Among the entries below, find the lines with "normalize" and copy them.

■ ■ ■ ■ ■ ■ ■

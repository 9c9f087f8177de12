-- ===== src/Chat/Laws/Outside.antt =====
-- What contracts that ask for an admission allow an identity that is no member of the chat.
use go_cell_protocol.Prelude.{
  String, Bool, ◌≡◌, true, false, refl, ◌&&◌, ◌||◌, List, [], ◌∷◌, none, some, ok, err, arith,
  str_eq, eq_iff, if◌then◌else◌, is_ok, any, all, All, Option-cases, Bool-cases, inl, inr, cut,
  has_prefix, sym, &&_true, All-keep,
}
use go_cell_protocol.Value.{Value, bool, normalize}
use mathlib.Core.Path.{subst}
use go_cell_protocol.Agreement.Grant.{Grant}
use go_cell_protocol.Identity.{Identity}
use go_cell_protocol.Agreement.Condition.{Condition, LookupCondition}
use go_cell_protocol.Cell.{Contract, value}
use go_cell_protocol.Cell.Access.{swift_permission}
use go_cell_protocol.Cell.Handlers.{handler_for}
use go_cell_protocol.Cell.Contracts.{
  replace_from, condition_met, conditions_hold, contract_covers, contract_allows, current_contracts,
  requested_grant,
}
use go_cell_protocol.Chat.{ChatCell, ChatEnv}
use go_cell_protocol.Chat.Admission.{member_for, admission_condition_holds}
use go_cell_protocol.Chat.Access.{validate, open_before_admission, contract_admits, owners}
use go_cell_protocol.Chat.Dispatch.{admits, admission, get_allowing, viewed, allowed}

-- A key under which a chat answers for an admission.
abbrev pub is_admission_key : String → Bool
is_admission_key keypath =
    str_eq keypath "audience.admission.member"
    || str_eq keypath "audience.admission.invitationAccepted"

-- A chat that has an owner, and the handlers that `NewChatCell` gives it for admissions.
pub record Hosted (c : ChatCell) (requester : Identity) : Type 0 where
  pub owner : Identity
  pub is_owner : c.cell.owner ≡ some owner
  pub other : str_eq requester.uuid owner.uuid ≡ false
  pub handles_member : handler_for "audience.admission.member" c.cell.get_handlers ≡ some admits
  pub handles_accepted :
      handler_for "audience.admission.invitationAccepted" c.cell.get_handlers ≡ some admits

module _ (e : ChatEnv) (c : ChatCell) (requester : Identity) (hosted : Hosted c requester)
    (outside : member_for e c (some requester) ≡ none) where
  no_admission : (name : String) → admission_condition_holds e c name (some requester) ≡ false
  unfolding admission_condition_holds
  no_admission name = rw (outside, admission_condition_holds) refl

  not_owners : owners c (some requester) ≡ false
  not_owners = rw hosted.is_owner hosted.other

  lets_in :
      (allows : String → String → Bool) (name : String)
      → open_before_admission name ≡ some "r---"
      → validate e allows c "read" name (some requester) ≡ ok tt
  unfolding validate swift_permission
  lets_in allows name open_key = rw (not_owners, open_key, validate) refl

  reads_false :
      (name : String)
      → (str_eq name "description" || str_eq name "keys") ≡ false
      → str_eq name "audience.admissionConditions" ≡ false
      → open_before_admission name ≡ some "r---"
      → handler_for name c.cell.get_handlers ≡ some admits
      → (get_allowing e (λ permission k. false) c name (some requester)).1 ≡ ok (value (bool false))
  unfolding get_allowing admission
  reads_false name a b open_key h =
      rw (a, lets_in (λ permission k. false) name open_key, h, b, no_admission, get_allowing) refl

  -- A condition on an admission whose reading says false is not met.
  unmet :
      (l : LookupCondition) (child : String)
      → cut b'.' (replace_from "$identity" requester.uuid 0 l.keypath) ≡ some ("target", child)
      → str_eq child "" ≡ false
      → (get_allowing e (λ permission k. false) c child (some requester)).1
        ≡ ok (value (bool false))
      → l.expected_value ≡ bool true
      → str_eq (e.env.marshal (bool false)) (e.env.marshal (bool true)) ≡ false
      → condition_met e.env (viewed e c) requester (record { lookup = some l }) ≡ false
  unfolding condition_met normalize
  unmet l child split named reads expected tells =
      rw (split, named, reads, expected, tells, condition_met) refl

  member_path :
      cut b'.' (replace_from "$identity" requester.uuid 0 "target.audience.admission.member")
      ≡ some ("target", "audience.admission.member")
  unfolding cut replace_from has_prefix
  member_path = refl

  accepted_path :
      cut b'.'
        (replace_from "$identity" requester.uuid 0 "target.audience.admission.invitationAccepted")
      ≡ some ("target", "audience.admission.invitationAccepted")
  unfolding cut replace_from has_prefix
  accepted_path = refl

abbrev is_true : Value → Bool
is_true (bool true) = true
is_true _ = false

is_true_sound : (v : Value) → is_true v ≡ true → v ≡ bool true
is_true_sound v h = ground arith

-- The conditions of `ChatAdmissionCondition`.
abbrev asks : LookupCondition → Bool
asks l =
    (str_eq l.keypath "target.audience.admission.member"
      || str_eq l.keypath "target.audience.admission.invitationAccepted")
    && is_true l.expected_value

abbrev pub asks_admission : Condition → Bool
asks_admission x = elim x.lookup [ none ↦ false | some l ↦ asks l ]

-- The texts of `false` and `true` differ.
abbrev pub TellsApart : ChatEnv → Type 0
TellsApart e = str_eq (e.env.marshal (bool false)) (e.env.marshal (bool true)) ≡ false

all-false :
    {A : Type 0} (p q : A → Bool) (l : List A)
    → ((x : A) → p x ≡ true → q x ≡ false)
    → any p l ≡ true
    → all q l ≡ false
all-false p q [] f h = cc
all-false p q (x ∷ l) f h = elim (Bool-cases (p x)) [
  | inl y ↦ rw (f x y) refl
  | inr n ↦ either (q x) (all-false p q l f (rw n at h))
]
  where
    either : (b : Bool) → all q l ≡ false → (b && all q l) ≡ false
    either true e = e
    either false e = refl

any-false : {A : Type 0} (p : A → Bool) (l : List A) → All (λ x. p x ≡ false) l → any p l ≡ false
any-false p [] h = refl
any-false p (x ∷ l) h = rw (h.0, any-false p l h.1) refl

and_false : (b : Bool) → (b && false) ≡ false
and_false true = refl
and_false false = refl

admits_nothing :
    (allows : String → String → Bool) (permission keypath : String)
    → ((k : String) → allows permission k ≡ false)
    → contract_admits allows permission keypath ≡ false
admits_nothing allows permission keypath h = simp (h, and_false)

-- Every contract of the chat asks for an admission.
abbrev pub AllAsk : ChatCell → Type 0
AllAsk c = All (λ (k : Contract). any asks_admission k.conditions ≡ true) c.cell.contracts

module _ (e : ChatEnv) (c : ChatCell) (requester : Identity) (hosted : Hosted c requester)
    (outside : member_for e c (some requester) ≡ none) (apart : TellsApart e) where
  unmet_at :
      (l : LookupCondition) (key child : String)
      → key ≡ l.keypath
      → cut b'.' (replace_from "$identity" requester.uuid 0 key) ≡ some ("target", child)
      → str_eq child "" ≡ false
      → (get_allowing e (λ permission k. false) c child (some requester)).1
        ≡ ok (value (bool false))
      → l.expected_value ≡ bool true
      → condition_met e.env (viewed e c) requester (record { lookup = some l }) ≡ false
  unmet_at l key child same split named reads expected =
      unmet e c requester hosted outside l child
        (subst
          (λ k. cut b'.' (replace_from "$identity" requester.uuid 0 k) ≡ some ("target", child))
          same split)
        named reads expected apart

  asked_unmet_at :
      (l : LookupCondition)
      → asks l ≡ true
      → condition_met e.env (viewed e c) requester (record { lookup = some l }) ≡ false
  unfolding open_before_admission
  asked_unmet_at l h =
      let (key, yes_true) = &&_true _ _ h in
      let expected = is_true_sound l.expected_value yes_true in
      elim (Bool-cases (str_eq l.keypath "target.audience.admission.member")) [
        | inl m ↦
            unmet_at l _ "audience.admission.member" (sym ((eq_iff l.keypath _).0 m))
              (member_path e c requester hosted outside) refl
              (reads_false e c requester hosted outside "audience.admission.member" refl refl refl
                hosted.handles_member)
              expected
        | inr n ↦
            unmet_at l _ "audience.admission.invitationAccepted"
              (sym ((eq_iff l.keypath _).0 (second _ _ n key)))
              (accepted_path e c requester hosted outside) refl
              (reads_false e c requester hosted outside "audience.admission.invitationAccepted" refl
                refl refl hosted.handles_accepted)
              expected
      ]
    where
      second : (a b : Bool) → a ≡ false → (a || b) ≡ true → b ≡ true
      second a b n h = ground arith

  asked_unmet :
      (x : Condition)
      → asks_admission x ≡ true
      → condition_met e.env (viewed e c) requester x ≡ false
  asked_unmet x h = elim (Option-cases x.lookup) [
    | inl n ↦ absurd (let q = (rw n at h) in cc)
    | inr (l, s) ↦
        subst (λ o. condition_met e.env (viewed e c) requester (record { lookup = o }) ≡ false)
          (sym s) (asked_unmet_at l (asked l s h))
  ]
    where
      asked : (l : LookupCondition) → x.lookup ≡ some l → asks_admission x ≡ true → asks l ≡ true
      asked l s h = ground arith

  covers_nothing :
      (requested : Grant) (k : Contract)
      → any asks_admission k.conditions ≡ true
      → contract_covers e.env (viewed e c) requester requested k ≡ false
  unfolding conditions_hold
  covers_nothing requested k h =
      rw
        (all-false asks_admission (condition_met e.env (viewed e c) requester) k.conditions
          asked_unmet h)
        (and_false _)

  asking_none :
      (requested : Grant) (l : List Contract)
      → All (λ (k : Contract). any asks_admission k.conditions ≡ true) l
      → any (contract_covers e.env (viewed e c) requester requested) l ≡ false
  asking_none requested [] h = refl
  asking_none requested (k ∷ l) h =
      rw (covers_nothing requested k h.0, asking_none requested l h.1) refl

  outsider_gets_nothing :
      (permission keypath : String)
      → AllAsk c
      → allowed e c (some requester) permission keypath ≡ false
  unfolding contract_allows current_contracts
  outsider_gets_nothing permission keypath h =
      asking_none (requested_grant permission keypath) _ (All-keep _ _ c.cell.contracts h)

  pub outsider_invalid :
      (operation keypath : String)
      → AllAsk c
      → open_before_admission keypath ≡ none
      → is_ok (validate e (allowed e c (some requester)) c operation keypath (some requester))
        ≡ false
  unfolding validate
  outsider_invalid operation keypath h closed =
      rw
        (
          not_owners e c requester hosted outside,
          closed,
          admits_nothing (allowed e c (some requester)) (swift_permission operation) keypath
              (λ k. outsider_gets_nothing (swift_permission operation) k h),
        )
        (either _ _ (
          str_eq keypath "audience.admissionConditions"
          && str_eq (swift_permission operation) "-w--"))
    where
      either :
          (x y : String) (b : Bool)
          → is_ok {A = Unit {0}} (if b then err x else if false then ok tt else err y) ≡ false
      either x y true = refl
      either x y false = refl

■ ■ ■ ■ ■ ■ ■

_Response box_
use go_cell_protocol.Value.{Value, bool, normalize}
  unfolding condition_met normalize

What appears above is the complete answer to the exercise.